Fenerbahçe ile Trabzonspor maçında son dönemlerde yaşanan olaylardan dolayı heyecanı vardı, doğru eyvallah...
Ama hakem düdüğü çalıyor, Trabzonspor olarak geriye çekiliyorsun buna eyvallah yok.. Neyse ki 10. dakikadan sonra oyunda dengeyi kurabiliyorsun. Bu denge niye kuruluyor? Çünkü Fenerbahçe’de sadece 3 yıldır olayların getirdiği havadan dolayı, Trabzonspor’a karşı oynama isteği var. Sadece bu istekle, futbol olmuyor...

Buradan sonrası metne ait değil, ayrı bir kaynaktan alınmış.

-- ===== src/Jobs/Access.antt =====
-- What a user sees of the queue (internal/platform/jobs/access.go, and `List`, `Get` and
-- `EventsAfter` of repository.go). The policy that grants sites is the sites module's: it is an
-- argument, and may fail or be missing.
use nexa_panel.Prelude.{
  ℕ, Bool, true, false, not, ◌&&◌, ◌||◌, Option, none, some, List, [], ◌∷◌, Text, any, all, select,
  take, first, ltb, ◌==◌, if◌then◌else◌, text_eq, codes, ℤ, pos, negsuc,
}
use nexa_panel.Jobs.Model.{
  JobRow, EventRow, Result, ok, err, ◌>>=◌, policy_unavailable, access_failed, no_rows,
}
use nexa_panel.Jobs.Store.{Db, has_id}
use mathlib.Core.List.{reverse}

pub record User : Type 0 where
  pub id : Text
  pub role : Text

-- What `AccessibleSiteIDs` answers, if it does not fail.
pub record Access : Type 0 where
  pub every_site : Bool
  pub site_ids : List Text

abbrev pub Policy : Type 0
Policy = Option (User → Option Access)

-- Which rows the query of a user is limited to.
pub data Scope : Type 0 where
  unscoped : Scope
  own_or_granted : Text → List Text → Scope

unfoldable pub scope_of_access : User → Option Access → Result Scope
scope_of_access user none = err access_failed
scope_of_access user (some a) =
    if a.every_site then ok unscoped else ok (own_or_granted user.id a.site_ids)

unfoldable pub scope_of_policy : User → Policy → Result Scope
unfolding scope_of_access
scope_of_policy user none = err policy_unavailable
scope_of_policy user (some accessible) = scope_of_access user (accessible user)

-- `scopeJobsForUser`
unfoldable pub scope_jobs_for_user : Policy → User → Result Scope
unfolding scope_of_policy
scope_jobs_for_user policy user =
    if not (text_eq user.role (codes "developer")) then ok unscoped else scope_of_policy user policy

-- `actor_user_id = ?`, which is false of a row without a submitter.
unfoldable pub submitted_by : Text → Option Text → Bool
submitted_by user none = false
submitted_by user (some a) = text_eq a user

abbrev pub is_nonempty : List Text → Bool
is_nonempty [] = false
is_nonempty (x ∷ xs) = true

unfoldable pub granted : List Text → Text → Bool
granted site_ids site = any (text_eq site) site_ids

-- The condition of the query; the second half is added only if a site is granted.
unfoldable pub in_scope : Scope → JobRow → Bool
unfolding submitted_by granted
in_scope unscoped j = true
in_scope (own_or_granted user site_ids) j =
    submitted_by user j.actor_user_id
    || (is_nonempty site_ids
        && (is_nonempty j.scope_site_ids && all (granted site_ids) j.scope_site_ids))

-- A limit outside 1 to 200 is 50.
unfoldable pub clamp_limit : ℤ → ℕ
clamp_limit (negsuc n) = 50
clamp_limit (pos n) = if ltb n 1 || ltb 200 n then 50 else n

-- `ORDER BY id DESC LIMIT ?`
abbrev newest_first : ℕ → List JobRow → List JobRow
newest_first limit jobs = take limit (reverse jobs)

-- `List`
unfoldable pub list : ℤ → Db → List JobRow
list limit db = newest_first (clamp_limit limit) db.jobs

-- `ListForUser`
unfoldable pub list_for_user : Policy → User → ℤ → Db → Result (List JobRow)
list_for_user policy user limit db = do
  scope ← scope_jobs_for_user policy user
  ok (newest_first (clamp_limit limit) (select (in_scope scope) db.jobs))

abbrev pub row_or_missing : Option JobRow → Result JobRow
row_or_missing none = err no_rows
row_or_missing (some j) = ok j

-- `GetForUser`
unfoldable pub get_for_user : Policy → User → ℕ → Db → Result JobRow
get_for_user policy user id db = do
  scope ← scope_jobs_for_user policy user
  row_or_missing (first (λ j. has_id id j && in_scope scope j) db.jobs)

-- `EventsAfter`
unfoldable pub events_after : ℕ → ℕ → Db → List EventRow
events_after job_id sequence db =
    select (λ (e : EventRow). (e.job_id == job_id) && ltb sequence e.sequence) db.events

-- `EventsAfterForUser`
unfoldable pub events_after_for_user : Policy → User → ℕ → ℕ → Db → Result (List EventRow)
events_after_for_user policy user job_id sequence db = do
  job ← get_for_user policy user job_id db
  ok (events_after job_id sequence db)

Trabzonspor’da Bosingwa sağ taraftan, Caner Fenerbahçe’de sol taraftan, Olcan da sol tarafta oynamanın alışkanlığıyla ve savunmada Aykut’un iyi hamlemeleriyle ilk yarı sona erdi.
Derbi maçında heyecan var, ama pozisyon yoktu...

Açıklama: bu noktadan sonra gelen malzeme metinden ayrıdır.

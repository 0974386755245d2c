-- ===== src/Jobs/Worker.antt =====
-- What the worker writes (internal/platform/jobs/worker.go): claiming, progress, the heartbeat, the
-- two ends of a job, the recovery of expired leases and the pruning of finished jobs.
use nexa_panel.Prelude.{
  ℕ, suc, ◌+◌, ◌-◌, Bool, true, false, not, ◌&&◌, Option, none, some, List, [], ◌∷◌, Text, Bytes,
  ltb, leb, ◌==◌, first, any, select, take, ℤ, is_nonpositive, pos, negsuc, if◌then◌else◌,
}
use nexa_panel.Jobs.Model.{
  JobRow, EventRow, RecoveryPolicy, Config, Result, ok, err, queued, running, succeeded, failed,
  terminal, is_queued, is_running, add_duration, recovery_retry, job_started, job_completed,
  job_failed, lease_expired_retrying, lease_expired_failed, reported, lease_lost,
}
use nexa_panel.Jobs.Store.{Db, add_event, update_jobs, has_id, holds_lease}

-- The row that `claim` writes, with a fresh token.
unfoldable pub lease_to : Config → Text → ℕ → Text → JobRow → JobRow
lease_to c worker_id now token j = record j {
  state = running;
  started_at = some now;
  updated_at = now;
  attempt = suc j.attempt;
  lease_owner = some worker_id;
  lease_token = some token;
  lease_expires_at = some (add_duration now c.lease_duration);
}

abbrev pub claimable : ℕ → JobRow → Bool
claimable id j = has_id id j && is_queued j.state

unfoldable pub claim_row : Option JobRow → Config → Text → ℕ → Text → Db → Option (JobRow × Db)
claim_row none c worker_id now token db = none
claim_row (some j) c worker_id now token db =
    let model = lease_to c worker_id now token j in
    let (changed, db') = update_jobs (claimable j.id) (lease_to c worker_id now token) db in
    if changed == 1
    then some (model, add_event j.id running j.progress job_started now db')
    else none

-- `claim`: the oldest queued job. `none` is `sql.ErrNoRows`.
unfoldable pub claim : Config → Text → ℕ → Text → Db → Option (JobRow × Db)
unfolding claim_row
claim c worker_id now token db =
    claim_row (first (λ j. is_queued j.state) db.jobs) c worker_id now token db

-- A write under a lease: refused, and rolled back, unless it changes the one row that it names.
unfoldable pub with_lease : ℕ → Text → (JobRow → JobRow) → (Db → Db) → Db → Result (Unit {0}) × Db
with_lease id token f after db =
    let (changed, db') = update_jobs (holds_lease id token) f db in
    if changed == 1 then (ok tt, after db') else (err lease_lost, db)

unfoldable pub update_progress : Config → ℕ → ℕ → Text → ℕ → Text → Db → Result (Unit {0}) × Db
update_progress c now id token progress message =
    with_lease id token
      (λ j. record j {
        progress = progress;
        updated_at = now;
        lease_expires_at = some (add_duration now c.lease_duration);
      })
      (add_event id running progress (reported message) now)

-- One tick of `heartbeatLease`.
unfoldable pub heartbeat : Config → ℕ → ℕ → Text → Db → Result (Unit {0}) × Db
heartbeat c now id token =
    with_lease id token
      (λ j. record j {
        updated_at = now;
        lease_expires_at = some (add_duration now c.lease_duration);
      })
      (λ db. db)

-- The three columns that every end of a lease clears.
unfoldable pub release : JobRow → JobRow
release j = record j { lease_owner = none; lease_token = none; lease_expires_at = none }

unfoldable pub succeed_row : ℕ → Text → JobRow → JobRow
unfolding release
succeed_row now result_json j = release (record j {
  state = succeeded;
  progress = 100;
  result_json = some result_json;
  updated_at = now;
  completed_at = some now;
})

unfoldable pub fail_row : ℕ → Bytes → JobRow → JobRow
unfolding release
fail_row now failure j =
    release (record j {
      state = failed;
      failure = some failure;
      updated_at = now;
      completed_at = some now;
    })

unfoldable pub requeue_row : ℕ → JobRow → JobRow
unfolding release
requeue_row now j =
    release (record j { state = queued; progress = 0; updated_at = now; started_at = none })

-- The transaction of `finishSucceeded`.
unfoldable pub finish_succeeded : ℕ → ℕ → Text → Text → Db → Result (Unit {0}) × Db
finish_succeeded now id token result_json =
    with_lease id token (succeed_row now result_json) (add_event id succeeded 100 job_completed now)

-- `message[:500]` cuts the bytes of the message, so a failure message is a list of bytes.
unfoldable pub cut_message : Bytes → Bytes
cut_message = take 500

-- The transaction of `finishFailed`; `progress` is the progress of the worker's own copy of the row.
unfoldable pub finish_failed : ℕ → ℕ → Text → ℕ → Bytes → Db → Result (Unit {0}) × Db
finish_failed now id token progress failure =
    with_lease id token (fail_row now (cut_message failure))
      (add_event id failed progress job_failed now)

unfoldable pub lease_expired : ℕ → Option ℕ → Bool
lease_expired now none = true
lease_expired now (some t) = leb t now

-- `state = 'running' AND (lease_expires_at IS NULL OR lease_expires_at <= now)`
unfoldable pub interrupted : ℕ → JobRow → Bool
unfolding lease_expired
interrupted now j = is_running j.state && lease_expired now j.lease_expires_at

abbrev pub is_retry : RecoveryPolicy → Bool
is_retry recovery_retry = true
is_retry _ = false

-- The transaction for one interrupted job. Nothing is written where the row has moved on.
unfoldable pub recover_one : ℕ → Bytes → JobRow → Db → Db
recover_one now failure job db =
    let p = λ (j : JobRow). has_id job.id j && interrupted now j in
    if is_retry job.recovery_policy
    then (let (changed, db') = update_jobs p (requeue_row now) db in
        if changed == 1 then add_event job.id queued 0 lease_expired_retrying now db' else db')
    else (let (changed, db') = update_jobs p (fail_row now failure) db in
        if changed == 1
        then add_event job.id failed job.progress lease_expired_failed now db'
        else db')

unfoldable pub recover_all : ℕ → Bytes → List JobRow → Db → Db
recover_all now failure [] db = db
recover_all now failure (j ∷ js) db = recover_all now failure js (recover_one now failure j db)

-- `recoverExpired`; `failure` is the fixed sentence that an interrupted job is failed with.
unfoldable pub recover_expired : ℕ → Bytes → Db → Db
recover_expired now failure db = recover_all now failure (select (interrupted now) db.jobs) db

unfoldable pub completed_before : ℕ → Option ℕ → Bool
completed_before cutoff none = false
completed_before cutoff (some t) = ltb t cutoff

-- `state IN ('succeeded', 'failed') AND completed_at IS NOT NULL AND completed_at < cutoff`
unfoldable pub retired : ℕ → JobRow → Bool
unfolding completed_before
retired cutoff j = terminal j.state && completed_before cutoff j.completed_at

-- `job_id IN (SELECT id FROM jobs WHERE …)`
unfoldable pub event_retired : ℕ → List JobRow → EventRow → Bool
event_retired cutoff jobs e = any (λ j. has_id e.job_id j && retired cutoff j) jobs

unfoldable pub retention_cutoff : ℕ → ℤ → ℕ
retention_cutoff now (pos n) = now - n
retention_cutoff now (negsuc n) = now + suc n

-- `pruneRetired`
unfoldable pub prune_retired : Config → ℕ → Db → Db
prune_retired c now db =
    let cutoff = retention_cutoff now c.retention_period in
    if is_nonpositive c.retention_period then db else record db {
      events = select (λ e. not (event_retired cutoff db.jobs e)) db.events;
      jobs = select (λ j. not (retired cutoff j)) db.jobs;
    }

Buna rağmen daha çok atak olan taraf Fenerbahçe idi... Trabzonspor’a hep önden saldırdılar yüzde olarak da Onur’un cepheden gelen şutlarda gol yemesi çok zayıf..

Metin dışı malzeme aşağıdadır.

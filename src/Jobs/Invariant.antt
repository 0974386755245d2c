-- ===== src/Jobs/Invariant.antt =====
-- What holds of the two tables between transactions, and that the writes which every operation is
-- made of keep it.
use nexa_panel.Prelude.{
  ℕ, ◌≤◌, ◌<◌, ◌≡◌, refl, Bool, true, false, Option, none, some, List, [], ◌∷◌, Text, arith, All,
  All-append, All-update_where, any, count_where, update_where, Bool-cases, inl, inr, ◌==◌,
  Ascending, Ascending-append, Ascending-update_where, any-update_where, any_of_count,
  count_where-update_where,
}
use nexa_panel.Jobs.Model.{
  State, queued, running, succeeded, failed, JobRow, EventRow, Message, valid, terminal, is_running,
}
use nexa_panel.Jobs.Store.{Db, empty, add_event, update_jobs, has_id, has_key, holds_lease}
use nexa_panel.Jobs.Worker.{with_lease}

abbrev pub is_some {ℓ} : {A : Type ℓ} → Option A → Bool
is_some none = false
is_some (some a) = true

abbrev pub is_failed : State → Bool
is_failed failed = true
is_failed _ = false

abbrev pub is_succeeded : State → Bool
is_succeeded succeeded = true
is_succeeded _ = false

-- One row: it holds a lease exactly while it runs, it is dated exactly when it has ended, and its
-- result, its failure and its progress fit its state.
pub record IsWell (j : JobRow) : Type 0 where
  pub leased : is_some j.lease_token ≡ is_running j.state
  pub owned : is_some j.lease_owner ≡ is_running j.state
  pub expiring : is_some j.lease_expires_at ≡ is_running j.state
  pub dated : is_some j.completed_at ≡ terminal j.state
  pub answered : is_some j.result_json ≡ is_succeeded j.state
  pub blamed : is_some j.failure ≡ is_failed j.state
  pub complete : j.state ≡ succeeded → j.progress ≡ 100
  pub incomplete : is_succeeded j.state ≡ false → j.progress ≤ 99
  pub waiting : j.state ≡ queued → j.started_at ≡ none
  pub begun : j.state ≡ running → is_some j.started_at ≡ true
  pub recoverable : valid j.recovery_policy ≡ true

-- The tables: both keys ascend, no two rows share an idempotency key, and no event is left without
-- its job.
pub record Inv (db : Db) : Type 0 where
  pub rows : All IsWell db.jobs
  pub ids : Ascending JobRow.id 0 db.next_job db.jobs
  pub sequences : Ascending EventRow.sequence 0 db.next_event db.events
  pub keys : (kind key : Text) → count_where (has_key kind key) db.jobs ≤ 1
  pub attached : All (λ (e : EventRow). any (has_id e.job_id) db.jobs ≡ true) db.events

pub empty-Inv : Inv empty
unfolding empty
empty-Inv = record {
  rows = tt;
  ids = omega arith;
  sequences = omega arith;
  keys = λ kind key. omega arith;
  attached = tt;
}

-- A rewrite of rows that leaves the keys of each row alone.
pub record KeepsKeys (f : JobRow → JobRow) : Type 0 where
  pub same_id : (j : JobRow) → (f j).id ≡ j.id
  pub same_kind : (j : JobRow) → (f j).kind ≡ j.kind
  pub same_key : (j : JobRow) → (f j).idempotency_key ≡ j.idempotency_key

pub All-rewrite :
    (jobs jobs' : List JobRow) (events : List EventRow)
    → ((id : ℕ) → any (has_id id) jobs ≡ true → any (has_id id) jobs' ≡ true)
    → All (λ (e : EventRow). any (has_id e.job_id) jobs ≡ true) events
    → All (λ (e : EventRow). any (has_id e.job_id) jobs' ≡ true) events
All-rewrite jobs jobs' [] h a = tt
All-rewrite jobs jobs' (e ∷ events) h (a, as') = (h e.job_id a, All-rewrite jobs jobs' events h as')

module _ (p : JobRow → Bool) (f : JobRow → JobRow) (k : KeepsKeys f)
    (keep : (j : JobRow) → p j ≡ true → IsWell j → IsWell (f j)) where
  pub update_jobs-Inv : (db : Db) → Inv db → Inv (update_jobs p f db).1
  unfolding update_jobs has_key
  update_jobs-Inv db v = record {
    rows = All-update_where IsWell p f db.jobs keep v.rows;
    ids = Ascending-update_where JobRow.id p f 0 db.next_job db.jobs k.same_id v.ids;
    sequences = v.sequences;
    keys = λ kind key.
        rw
          (count_where-update_where (has_key kind key) p f db.jobs
            (λ j. rw (k.same_kind j, k.same_key j)))
          (v.keys kind key);
    attached =
        All-rewrite db.jobs (update_where p f db.jobs) db.events
          (λ id h. rw (any-update_where (has_id id) p f db.jobs (λ j. rw (k.same_id j))) h)
          v.attached;
  }

pub add_event-Inv :
    (id : ℕ) (s : State) (n : ℕ) (m : Message) (now : ℕ) (db : Db)
    → any (has_id id) db.jobs ≡ true
    → Inv db
    → Inv (add_event id s n m now db)
unfolding add_event
add_event-Inv id s n m now db h v = record {
  rows = v.rows;
  ids = v.ids;
  sequences = Ascending-append EventRow.sequence 0 db.next_event db.events _ v.sequences refl;
  keys = v.keys;
  attached =
      All-append (λ (e : EventRow). any (has_id e.job_id) db.jobs ≡ true) db.events _ v.attached
        (h, tt);
}

-- After a write that changed a row of this id, a row of this id is there.
pub any_id-update :
    (id : ℕ) (p : JobRow → Bool) (f : JobRow → JobRow) (db : Db)
    → KeepsKeys f
    → ((j : JobRow) → p j ≡ true → has_id id j ≡ true)
    → 0 < (update_jobs p f db).0
    → any (has_id id) (update_jobs p f db).1.jobs ≡ true
unfolding update_jobs
any_id-update id p f db k named h =
    rw (any-update_where (has_id id) p f db.jobs (λ j. rw (k.same_id j)))
      (any_of_count p (has_id id) db.jobs named h)

-- A write under a lease keeps the invariant if its rewrite of the row does.
pub with_lease-Inv :
    (id : ℕ) (token : Text) (f : JobRow → JobRow) (after : Db → Db) (db : Db)
    → KeepsKeys f
    → ((j : JobRow) → holds_lease id token j ≡ true → IsWell j → IsWell (f j))
    → ((d : Db) → any (has_id id) d.jobs ≡ true → Inv d → Inv (after d))
    → Inv db
    → Inv (with_lease id token f after db).1
unfolding with_lease
with_lease-Inv id token f after db k keep rest v =
    elim (Bool-cases ((update_jobs (holds_lease id token) f db).0 == 1)) [
      | inl e ↦ rw e (
          rest _
            (any_id-update id (holds_lease id token) f db k
              (λ j h. unfold holds_lease in ground arith) (ground arith))
            (update_jobs-Inv (holds_lease id token) f k keep db v))
      | inr e ↦ rw e v
    ]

İkinci yarıda futbolda heyecan olarak değişen hiçbir şey yoktu. Futbolseverler heyecan duydular.. Ama bu heyecan iki takımın futbol dışındaki olaylarından dolayıydı. Bizde bir tabir vardır, onu söyleyeyim. “Bugün Fenerbahçe’yi yenmeyenin nikahına zararı vardır” derler.. İnanın, Fenerbahçe’yi Trabzonspor’un ürkek ve isteksiz yakalama şansı çok zayıftı. Trabzonspor bundan faydalanmalıydı. Ama Trabzonspor’da savunma canlı, ama ileri uç çok etkisizdi.
Fenerbahçe 11 kişiyle, Malouda ve Henrique’ni oynamadığı 9 kişilik bir Trabzonspor’a karşı etkili olamıyorsa, Sarı-Lacivertliler’in de niye yenemediğinin hesabını yapması lazım.
Son olarak şunları söylemek isterim. Mustafa hoca, 3-1 galip olduğun Lazio maçında Giray’ı oyuna sokup, skoru korumak aklına gelmiyor. Ama haftalardır oynamayn Giray’ı Fenerbahçe deplasmanında oynatıyorsun. Bizim herhalde futbolda bilmediğimiz bir şeyi Mustafa hocanın bildiğini tahmin ediyorum. Bize de anlatması istiyorum. Biz de öğrenelim..
Hüseyin Göçek’i tebrik ediyorum. Kendisine “Aferin”.. Maçları böyle yönetirse, daha çok derbi alır!
İki takım da 1 puana razı oldu. Maçın sonunda çıkan olayları tasvir etmiyoruz. Didier Zokora’ya karşı olan tepkinin de artık bitmesini temenni ediyorum.